* Exercise: Write out the records below word for word, please.

Saved entries:

◆ ◆ ◆

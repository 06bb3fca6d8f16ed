-- ===== src/Examples/ConfigRuns.antt =====
-- An environment that is accepted, and one with a bad number.
use notip_data_consumer.Prelude.{◌≡◌, ◌↔◌, ◌⊎◌, refl, Option, none, some, [], ◌∷◌, All}
use notip_data_consumer.Prelude.Bytes.{Bytes, bytes_eq, bytes_eqb, lit}
use notip_data_consumer.Prelude.GoMap.{GoMap, lookup}
use notip_data_consumer.Prelude.Int.{pos, negsuc}
use notip_data_consumer.Prelude.Outcome.{ok}
use notip_data_consumer.Strconv.{bad_syntax, parse_int64}
use notip_data_consumer.Config.{Env, malformed, invalid_ssl_mode, no_root_cert, require, opt_int}
use notip_data_consumer.Config.Load.{settings, load}
use notip_data_consumer.Config.Settings.{Accepts, FirstFault}
use notip_data_consumer.Config.Accepted.{IsSecured, described, load_failure}
use notip_data_consumer.Config.Environment.{IsEnvironment, load_iff, IsReadFrom, load-IsReadFrom}

abbrev variables : GoMap Bytes Bytes
variables =
    (lit "NATS_URL", lit "nats://n:4222")
    ∷ (lit "NATS_TLS_CA", lit "ca")
    ∷ (lit "NATS_TLS_CERT", lit "cert")
    ∷ (lit "NATS_TLS_KEY", lit "key")
    ∷ (lit "DB_HOST", lit "db")
    ∷ (lit "DB_NAME", lit "telemetry")
    ∷ (lit "DB_USER", lit "writer")
    ∷ (lit "DB_PASSWORD_FILE", lit "/run/secrets/db")
    ∷ []

abbrev or_empty : Option Bytes → Bytes
or_empty none = []
or_empty (some v) = v

abbrev environment : GoMap Bytes Bytes → Env
environment m key = or_empty (lookup key m)

abbrev pub good_env : Env
good_env = environment ((lit "DB_PORT", lit "5433") ∷ variables)

abbrev bad_env : Env
bad_env = environment ((lit "DB_PORT", lit "54x") ∷ variables)

read_minus : parse_int64 (lit "-12") ≡ ok (negsuc 11)
unfolding parse_int64
read_minus = refl

accepted : (load good_env).failure ≡ none
unfolding load lookup bytes_eqb parse_int64 opt_int require
accepted = refl

port_read : (load good_env).cfg.db_port ≡ pos 5433
unfolding load lookup bytes_eqb parse_int64 opt_int require
port_read = refl

refused : (load bad_env).failure ≡ some (malformed (lit "DB_PORT") bad_syntax)
unfolding load lookup bytes_eqb parse_int64 opt_int require
refused = refl

load_iff_example : ((load good_env).failure ≡ none) ↔ IsEnvironment good_env
load_iff_example = load_iff good_env

load-IsReadFrom_example : IsReadFrom good_env (load good_env).cfg
load-IsReadFrom_example = load-IsReadFrom good_env accepted

load_failure_example :
    FirstFault bad_env settings (malformed (lit "DB_PORT") bad_syntax)
    ⊎ (All (Accepts bad_env) settings
        × (¬ IsSecured (described bad_env).db_ssl_mode (described bad_env).db_ssl_root_cert)
        × (malformed (lit "DB_PORT") bad_syntax ≡ invalid_ssl_mode (described bad_env).db_ssl_mode
            ⊎ (malformed (lit "DB_PORT") bad_syntax
                ≡ no_root_cert (described bad_env).db_ssl_mode)))
load_failure_example = load_failure bad_env (malformed (lit "DB_PORT") bad_syntax) refused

◆ ◆ ◆

* Response to the exercise:
repository 06bb3fca6d8f16ed
-- ===== src/Examples/ConfigRuns.antt =====
-- An environment that is accepted, and one with a bad number.
use notip_data_consumer.Prelude.{◌≡◌, ◌↔◌, ◌⊎◌, refl, Option, none, some, [], ◌∷◌, All}
use notip_data_consumer.Prelude.Bytes.{Bytes, bytes_eq, bytes_eqb, lit}
use notip_data_consumer.Prelude.GoMap.{GoMap, lookup}
use notip_data_consumer.Prelude.Int.{pos, negsuc}
use notip_data_consumer.Prelude.Outcome.{ok}
use notip_data_consumer.Strconv.{bad_syntax, parse_int64}
use notip_data_consumer.Config.{Env, malformed, invalid_ssl_mode, no_root_cert, require, opt_int}
use notip_data_consumer.Config.Load.{settings, load}
use notip_data_consumer.Config.Settings.{Accepts, FirstFault}
use notip_data_consumer.Config.Accepted.{IsSecured, described, load_failure}
use notip_data_consumer.Config.Environment.{IsEnvironment, load_iff, IsReadFrom, load-IsReadFrom}

abbrev variables : GoMap Bytes Bytes
variables =
    (lit "NATS_URL", lit "nats://n:4222")
    ∷ (lit "NATS_TLS_CA", lit "ca")
    ∷ (lit "NATS_TLS_CERT", lit "cert")
    ∷ (lit "NATS_TLS_KEY", lit "key")
    ∷ (lit "DB_HOST", lit "db")
    ∷ (lit "DB_NAME", lit "telemetry")
    ∷ (lit "DB_USER", lit "writer")
    ∷ (lit "DB_PASSWORD_FILE", lit "/run/secrets/db")
    ∷ []

abbrev or_empty : Option Bytes → Bytes
or_empty none = []
or_empty (some v) = v

abbrev environment : GoMap Bytes Bytes → Env
environment m key = or_empty (lookup key m)

abbrev pub good_env : Env
good_env = environment ((lit "DB_PORT", lit "5433") ∷ variables)

abbrev bad_env : Env
bad_env = environment ((lit "DB_PORT", lit "54x") ∷ variables)

read_minus : parse_int64 (lit "-12") ≡ ok (negsuc 11)
unfolding parse_int64
read_minus = refl

accepted : (load good_env).failure ≡ none
unfolding load lookup bytes_eqb parse_int64 opt_int require
accepted = refl

port_read : (load good_env).cfg.db_port ≡ pos 5433
unfolding load lookup bytes_eqb parse_int64 opt_int require
port_read = refl

refused : (load bad_env).failure ≡ some (malformed (lit "DB_PORT") bad_syntax)
unfolding load lookup bytes_eqb parse_int64 opt_int require
refused = refl

load_iff_example : ((load good_env).failure ≡ none) ↔ IsEnvironment good_env
load_iff_example = load_iff good_env

load-IsReadFrom_example : IsReadFrom good_env (load good_env).cfg
load-IsReadFrom_example = load-IsReadFrom good_env accepted

load_failure_example :
    FirstFault bad_env settings (malformed (lit "DB_PORT") bad_syntax)
    ⊎ (All (Accepts bad_env) settings
        × (¬ IsSecured (described bad_env).db_ssl_mode (described bad_env).db_ssl_root_cert)
        × (malformed (lit "DB_PORT") bad_syntax ≡ invalid_ssl_mode (described bad_env).db_ssl_mode
            ⊎ (malformed (lit "DB_PORT") bad_syntax
                ≡ no_root_cert (described bad_env).db_ssl_mode)))
load_failure_example = load_failure bad_env (malformed (lit "DB_PORT") bad_syntax) refused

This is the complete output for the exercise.